How an active engagement program benefits members
Members who are more engaged in their healthcare journey take greater responsibility for making changes needed to improve their health. Additional benefits include the following:
- Customized care and guidance through personal health nurses (PHNs) for reduced fragmentation and optimal outcomes
- Support for chronic conditions with continuous monitoring, medication management, and guidance for their specific health condition(s)
- More timely interventions to prevent minor issues from becoming major health problems
- Sustainable behavioral change through improved accountability and healthier habits
- Prioritization of preventative care for a better quality of life
Success Story
A multi-national manufacturer implemented an active member engagement program to promote better primary care utilization and to provide better benefits navigation using personal health nurses (PHNs).

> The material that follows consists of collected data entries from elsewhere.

-- ===== src/Kv/Server/Chains/Register.antt =====
-- REGISTER as a chain of moves.
use repani.Base.{
  ℕ, ◌≡◌, inl, inr, refl, ap, Bool, true, false, List, [], ◌∷◌, Bytes, length, leb, Bool-cases,
  Option, none, some, Option-cases, Result-cases,
}
use repani.Kv.Vault.Aead.{Aead}
use repani.Kv.Vault.Entry.{Entry}
use repani.Kv.Store.Canonical.{has_id, has_id-cons, bytes_eq, bytes_eq_iff}
use repani.Kv.Wire.Frame.{Header}
use repani.Kv.Wire.Register.{parse_register}
use repani.Kv.Server.Maps.{lookup, delete, lookup-delete, bytes_eq_refl}
use repani.Kv.Server.State.{StoreOps, Server, Env, expired}
use repani.Kv.Server.Lifecycle.{
  note_expired, revoke, end_locked, end_if_expired, sweep_loop, sweep_locked, create_vault_locked,
}
use repani.Kv.Server.Laws.{StoreLaws}
use repani.Kv.Server.Register.{
  register_present, register_swept, register_absent, register_vault, handle_register, open_any,
}
use repani.Kv.Server.Moves.{Moves, here, then-Moves}
use repani.Kv.Server.Chains.{
  Opens, IsFree, end_locked-Moves, sweep_locked-Moves, create_vault_locked-Moves,
}

module _ {S A : Type 0} (cxof : Bytes → Bytes → Bytes) (ops : StoreOps S A) (IsGood : S → Type 0)
    (held : S → List Entry) (Began : List Entry → ℕ → Type 0) where
  abbrev Chain : Server S → Server S → Type 0
  Chain = Moves cxof ops IsGood held Began

  other_vault :
      (vid vid' : Bytes) (ref : ℕ) (sv : Server S)
      → lookup vid sv.vaults ≡ none
      → lookup vid' sv.vaults ≡ some ref
      → bytes_eq vid' vid ≡ false
  other_vault vid vid' ref sv l l' = elim (Bool-cases (bytes_eq vid' vid)) [
    | inr e ↦ e
    | inl e ↦
        let same : lookup vid' sv.vaults ≡ lookup vid sv.vaults =
          ap (λ v. lookup v sv.vaults) ((bytes_eq_iff vid' vid).0 e) in
        absurd (cc)
  ]

  revoke-IsFree :
      (vid vid' : Bytes) (ref : ℕ) (sv : Server S)
      → IsFree cxof ops IsGood held Began vid sv
      → lookup vid' sv.vaults ≡ some ref
      → IsFree cxof ops IsGood held Began vid (revoke ops vid' ref sv)
  unfolding revoke
  revoke-IsFree vid vid' ref sv (r, l) l' =
      let other = other_vault vid vid' ref sv l l' in
      (
        rw (has_id-cons vid vid' sv.revoked, other) r,
        rw (lookup-delete vid' vid sv.vaults, other) l,
      )

  end_locked-IsFree :
      (env : Env S A) (vid vid' : Bytes) (ref : ℕ) (note : Bytes) (sv : Server S)
      → IsFree cxof ops IsGood held Began vid sv
      → lookup vid' sv.vaults ≡ some ref
      → IsFree cxof ops IsGood held Began vid (end_locked ops env vid' ref note sv).0
  unfolding end_locked
  end_locked-IsFree env vid vid' ref note sv f l' =
      let ended = revoke-IsFree vid vid' ref sv f l' in
      elim (Option-cases (sv.heap ref).dir) [
        | inl e ↦ rw (end_locked, e) ended
        | inr (d, e) ↦ elim (Bool-cases (env.writes d)) [
          | inl w ↦ rw (end_locked, e, w) ended
          | inr w ↦ rw (end_locked, e, w) f
        ]
      ]

  end_if_expired-IsFree :
      (env : Env S A) (vid vid' : Bytes) (ref : ℕ) (sv : Server S)
      → IsFree cxof ops IsGood held Began vid sv
      → lookup vid' sv.vaults ≡ some ref
      → IsFree cxof ops IsGood held Began vid (end_if_expired ops env vid' ref sv).0
  unfolding end_if_expired
  end_if_expired-IsFree env vid vid' ref sv f l' =
      elim (Bool-cases (expired env.now sv.quotas (sv.heap ref))) [
        | inl e ↦ rw e (end_locked-IsFree env vid vid' ref note_expired sv f l')
        | inr e ↦ rw e f
      ]

  sweep_loop-IsFree :
      (env : Env S A) (vid : Bytes) (vids : List Bytes) (sv : Server S)
      → IsFree cxof ops IsGood held Began vid sv
      → IsFree cxof ops IsGood held Began vid (sweep_loop ops env vids sv).0
  unfolding sweep_loop
  sweep_loop-IsFree env vid [] sv f = f
  sweep_loop-IsFree env vid (v ∷ vids) sv f = elim (Option-cases (lookup v sv.vaults)) [
    | inl e ↦ rw (sweep_loop, e) (sweep_loop-IsFree env vid vids sv f)
    | inr (ref, e) ↦
        let r = end_if_expired ops env v ref sv in
        let g = end_if_expired-IsFree env vid v ref sv f e in
        elim (Bool-cases r.1) [
          | inl w ↦ rw (sweep_loop, e, w) (sweep_loop-IsFree env vid vids r.0 g)
          | inr w ↦ rw (sweep_loop, e, w) g
        ]
  ]

  -- A sweep leaves an identifier free that was free before it.
  pub sweep_locked-IsFree :
      (env : Env S A) (vid : Bytes) (sv : Server S)
      → IsFree cxof ops IsGood held Began vid sv
      → IsFree cxof ops IsGood held Began vid (sweep_locked ops env sv).0
  unfolding sweep_locked
  sweep_locked-IsFree env vid sv f = sweep_loop-IsFree env vid _ sv f

  end_locked_gone :
      (env : Env S A) (vid : Bytes) (ref : ℕ) (note : Bytes) (sv : Server S)
      → (end_locked ops env vid ref note sv).1 ≡ true
      → lookup vid (end_locked ops env vid ref note sv).0.vaults ≡ none
  unfolding end_locked revoke
  end_locked_gone env vid ref note sv h =
      let deleted : lookup vid (delete vid sv.vaults) ≡ none =
        rw (lookup-delete vid vid sv.vaults, bytes_eq_refl vid) refl in
      elim (Option-cases (sv.heap ref).dir) [
        | inl e ↦ rw (end_locked, e) deleted
        | inr (d, e) ↦ elim (Bool-cases (env.writes d)) [
          | inl w ↦ rw (end_locked, e, w) deleted
          | inr w ↦ absurd (cc (rw (end_locked, e, w) at h))
        ]
      ]

  module _ (new_aead : Bytes → Option Aead) (laws : StoreLaws cxof ops IsGood held) (env : Env S A)
      (opens : Opens cxof ops IsGood held Began env) where
    register_swept-Moves :
        (vid nonce ak : Bytes) (ephemeral : Bool) (r : Server S × Bool)
        → IsFree cxof ops IsGood held Began vid r.0
        → Chain r.0 (register_swept cxof new_aead ops env vid nonce ak ephemeral r).0
    unfolding register_swept
    register_swept-Moves vid nonce ak ephemeral (sv, false) f = here
    register_swept-Moves vid nonce ak ephemeral (sv, true) f =
        elim (Bool-cases (leb sv.quotas.max_vaults (length sv.vaults))) [
          | inl full ↦ rw (register_swept, full) here
          | inr room ↦
              let made =
                create_vault_locked-Moves cxof ops IsGood held Began laws env vid ak ephemeral sv
                  opens f in
              elim (Result-cases (create_vault_locked ops cxof env vid ak ephemeral sv).1) [
                | inl (ref, e) ↦ rw (register_swept, room, e) made
                | inr (x, e) ↦ rw (register_swept, room, e) made
              ]
        ]

    register_absent-Moves :
        (vid nonce ak : Bytes) (ephemeral : Bool) (sv : Server S)
        → lookup vid sv.vaults ≡ none
        → Chain sv (register_absent cxof new_aead ops env vid nonce ak ephemeral sv).0
    unfolding register_absent
    register_absent-Moves vid nonce ak ephemeral sv l = elim (Bool-cases (has_id vid sv.revoked)) [
      | inl r ↦ rw r here
      | inr r ↦ rw r (
          then-Moves (sweep_locked-Moves cxof ops IsGood held Began env sv) (
            register_swept-Moves vid nonce ak ephemeral (sweep_locked ops env sv)
              (sweep_locked-IsFree env vid sv (r, l))))
    ]

    register_present-Moves :
        (vid nonce ak : Bytes) (ref : ℕ) (sv : Server S)
        → Chain sv (register_present cxof new_aead ops env vid nonce ak ref sv).0
    unfolding register_present
    register_present-Moves vid nonce ak ref sv = elim (Bool-cases (has_id vid sv.revoked)) [
      | inl r ↦ rw r here
      | inr r ↦ elim (Bool-cases (bytes_eq (sv.heap ref).auth_key ak)) [
        | inl e ↦ rw (r, e) here
        | inr e ↦ rw (r, e) here
      ]
    ]

    pub register_vault-Moves :
        (vid nonce ak : Bytes) (ephemeral : Bool) (sv : Server S)
        → Chain sv (register_vault cxof new_aead ops env vid nonce ak ephemeral sv).0
    unfolding register_vault
    register_vault-Moves vid nonce ak ephemeral sv = elim (Option-cases (lookup vid sv.vaults)) [
      | inl l ↦ rw (register_vault, l) (register_absent-Moves vid nonce ak ephemeral sv l)
      | inr (ref, l) ↦ elim (Bool-cases (expired env.now sv.quotas (sv.heap ref))) [
        | inr fresh ↦ rw (register_vault, l, fresh) (register_present-Moves vid nonce ak ref sv)
        | inl old ↦
            let r = end_locked ops env vid ref note_expired sv in
            let ended = end_locked-Moves cxof ops IsGood held Began env vid ref note_expired sv l in
            elim (Bool-cases r.1) [
              | inr e ↦ rw (register_vault, l, old, e) ended
              | inl e ↦
                  rw (register_vault, l, old, e)
                    (then-Moves ended (
                      register_absent-Moves vid nonce ak ephemeral r.0
                        (end_locked_gone env vid ref note_expired sv e)))
            ]
      ]
    ]

    pub handle_register-Moves :
        (h : Header) (sealed : Bytes) (sv : Server S)
        → Chain sv (handle_register cxof new_aead ops env h sealed sv).0
    unfolding handle_register
    handle_register-Moves h sealed sv =
        elim (Option-cases (open_any new_aead sv.reg_keys h sealed)) [
          | inl e ↦ rw (handle_register, e) here
          | inr (payload, e) ↦ elim (Result-cases (parse_register payload)) [
            | inl ((ak, ephemeral), p) ↦
                rw (handle_register, e, p) (register_vault-Moves h.vault_id h.nonce ak ephemeral sv)
            | inr (x, p) ↦ rw (handle_register, e, p) here
          ]
        ]
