-- ===== src/Kv/Wire/Sync.antt =====
-- kv/wire/wire.go: SYNC payloads. The operation is a byte, as in the source, since Marshal and
-- ParseSync differ on a byte that is no operation.
pub mod RoundTrip
use repani.Base.{
  ℕ, ◌+◌, ◌^◌, ◌<◌, ◌≡◌, List, [], ◌∷◌, ◌++◌, ◌||◌, ◌⊎◌, length, take, drop, replicate, All,
  write_at, Bytes, IsByte, put_le, get_le, ltb, ◌==◌, not, if◌then◌else◌, Result, ok, err, ◌>>=◌,
}
use repani.Kv.Vault.Sizes.{entry_id_size}
use repani.Kv.Vault.Entry.{Entry, IsStorable}
use repani.Kv.Wire.Errors.{WireError, bad_op, malformed}
use repani.Kv.Wire.Entries.{append_entries, parse_entries}

abbrev pub op_probe : ℕ
op_probe = 0x00

abbrev pub op_pull : ℕ
op_pull = 0x01

abbrev pub op_push : ℕ
op_push = 0x02

abbrev pub op_drop : ℕ
op_drop = 0x03

abbrev pub op_wait : ℕ
op_wait = 0x04

-- CursorSize: ts_ms(8) || entry_id(16)
abbrev pub cursor_size : ℕ
cursor_size = 8 + entry_id_size

pub record SyncReq : Type 0 where
  pub op : ℕ
  pub set_hash : Bytes
  pub cur_ts : ℕ
  pub cur_id : Bytes
  pub entries : List Entry

-- SyncReq.Marshal
unfoldable pub marshal : SyncReq → Bytes
marshal r =
    if r.op == op_probe || r.op == op_wait
    then write_at 1 r.set_hash (write_at 0 (r.op ∷ []) (replicate (1 + 16) 0))
    else if r.op == op_pull
    then (let out = write_at 0 (op_pull ∷ []) (replicate (1 + cursor_size) 0) in
        write_at 9 r.cur_id (write_at 1 (put_le 8 r.cur_ts) out))
    else if r.op == op_drop
    then op_drop ∷ []
    else append_entries (op_push ∷ []) r.entries

-- `var r SyncReq` with its operation set.
abbrev pub blank : ℕ → SyncReq
blank op = record {
  op = op;
  set_hash = replicate 16 0;
  cur_ts = 0;
  cur_id = replicate entry_id_size 0;
  entries = [];
}

parse_body : ℕ → Bytes → Result WireError SyncReq
parse_body op body =
    if op == op_probe || op == op_wait
    then (if not (length body == 16)
        then err malformed
        else ok (record (blank op) { set_hash = write_at 0 body (replicate 16 0) }))
    else if op == op_pull
    then (if not (length body == cursor_size)
        then err malformed
        else ok (record (blank op) {
          cur_ts = get_le (take 8 body);
          cur_id = write_at 0 (drop 8 body) (replicate entry_id_size 0);
        }))
    else if op == op_push
    then (do entries ← parse_entries body; ok (record (blank op) { entries = entries }))
    else if op == op_drop
    then (if not (length body == 0) then err malformed else ok (blank op))
    else err bad_op

-- ParseSync
unfoldable pub parse_sync : Bytes → Result WireError SyncReq
unfolding parse_body
parse_sync [] = err malformed
parse_sync (op ∷ body) = parse_body op body

-- A request as the sender of each operation fills it: the fields of the operation hold what their Go
-- types hold, and the others are zero.
pub data IsReq : SyncReq → Type 0 where
  hash_req :
      (r : SyncReq) (op : ℕ) (h : Bytes)
      → (op ≡ op_probe) ⊎ (op ≡ op_wait)
      → length h ≡ 16
      → r ≡ record (blank op) { set_hash = h }
      → IsReq r
  pull_req :
      (r : SyncReq) (ts : ℕ) (id : Bytes)
      → ts < 2 ^ 64
      → length id ≡ entry_id_size
      → r ≡ record (blank op_pull) { cur_ts = ts; cur_id = id }
      → IsReq r
  push_req :
      (r : SyncReq) (es : List Entry)
      → All IsStorable es
      → length es < 2 ^ 32
      → r ≡ record (blank op_push) { entries = es }
      → IsReq r
  drop_req : (r : SyncReq) → r ≡ blank op_drop → IsReq r
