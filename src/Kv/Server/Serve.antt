-- ===== src/Kv/Server/Serve.antt =====
-- kv/server/server.go: PROBE, PULL and PUSH, as they change one vault's state.
use repani.Base.{
  ℕ, ◌==◌, true, ◌&&◌, List, [], Bytes, length, ltb, if◌then◌else◌, Option, none, some, ok, err,
  ◌*◌,
}
use repani.Kv.Vault.Entry.{Entry}
use repani.Kv.Store.Canonical.{bytes_eq}
use repani.Kv.Wire.Sync.{SyncReq, op_probe, op_pull, op_push}
use repani.Kv.Wire.Resp.{status_ok, status_differ, status_quota, status_bad_request}
use repani.Kv.Server.Quotas.{Quotas}
use repani.Kv.Server.State.{StoreOps, VaultState, Env, with_store}
use repani.Kv.Server.Pushes.{Refusal, quota, skew, validate_new, add_validated_locked}

-- wire.PageBytes
abbrev pub page_bytes : ℕ
page_bytes = 256 * 1024

-- What an operation under the vault's lock comes to: the status, the page and the entries pushed.
pub record Served : Type 0 where
  pub status : ℕ
  pub page : List Entry
  pub pushed : ℕ

abbrev pub served : ℕ → Served
served status = record { status = status; page = []; pushed = 0 }

-- The status of a refused push.
abbrev pub refusal_status : Refusal → ℕ
refusal_status quota = status_quota
refusal_status skew = status_bad_request

module _ {S A : Type 0} (cxof : Bytes → Bytes → Bytes) (ops : StoreOps S A) where
  -- OpPush. none is the store's error.
  unfoldable pub serve_push :
      Env S A → Quotas → List Entry → VaultState S → VaultState S × Option Served
  serve_push env quotas pushes st = elim (validate_new cxof ops env.now quotas st pushes true) [
    | err r ↦ (st, some (served (refusal_status r)))
    | ok news ↦
        if st.no_push && ltb 0 (length news)
        then (st, some (served status_quota))
        else let r = add_validated_locked ops env.answer news st in
          (
            r.0,
            elim r.1 [
              | none ↦ none
              | some n ↦ some (record { status = status_ok; page = []; pushed = n })
            ],
          )
  ]

  -- The switch of handleSync on the operation.
  unfoldable pub serve_op : Env S A → Quotas → SyncReq → VaultState S → VaultState S × Option Served
  unfolding serve_push
  serve_op env quotas req st =
      if req.op == op_probe
      then (let (s', hash) = ops.set_hash st.s in
          (
            with_store s' st,
            some (served (if bytes_eq hash req.set_hash then status_ok else status_differ)),
          ))
      else if req.op == op_pull
      then (
        st,
        some (record {
          status = status_ok;
          page = ops.entries_after req.cur_ts req.cur_id page_bytes st.s;
          pushed = 0;
        }),
      )
      else if req.op == op_push
      then serve_push env quotas req.entries st
      else (st, some (served status_bad_request))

The PHNs provide an individualized approach that helps members better navigate the care continuum to find the right care in the right setting at the right time. The program included the following elements:
- Dedicated one-on-one collaboration and care planning with a registered nurse
- Interventions that coordinate care, medications, and other benefits and resources
- Technology that prioritizes highest-risk members for outreach and engagement
- Integration with health plans, pharmacy benefit managers, third-party administrators, healthcare provider networks, and other benefit solution vendors
Once high-risk members were identified within the manufacturer’s 40,000 regional workforce, the company implemented a multipronged engagement plan that included:
- Deploying community-based PHNs to facilitate conversations and discover opportunities to coordinate care and eliminate barriers to care access
- Multifaceted campaign to promote program awareness, including print, web, and social media
- Virtual health fairs
- Navigating members to the proper level of care, including bidirectional referrals with behavioral health benefits provider
The results were beyond the company’s expectations and included:
- 85% employee engagement
- 95% employee satisfaction
- 3.13:1 return on investment
The bottom line
It is unlikely that healthcare premiums will come down anytime soon. Therefore, employers need to do all they can to help improve their employees’ health. Employing an active member engagement program is an excellent place to begin.
About Mary Bacaj, Ph.D.
As President of Value-Based Care (VBC) for Conifer Health Solutions, Mary Bacaj is responsible for leading the company’s business unit that delivers population health management and financial risk management services to more than 250 organizations. Conifer VBC is uniquely positioned as a partner to employers and unions, risk-bearing healthcare providers and health plans.
Mary joined Conifer Health in 2014 as Vice President of Strategy to help the company identify and implement solutions that ensure individuals receive the right care at the right time, while healthcare providers are aligned to improve the health of the population. She is a recognized subject matter expert in pay-for-performance programs, hospital and physician alliances, and healthcare reform.
Prior to joining Conifer Health, she was an Engagement Manager at McKinsey & Company, where she worked with senior executives at health systems and health technology companies on strategic challenges, such as population health management, hospital and physician mergers and acquisitions, and risk-based contracting.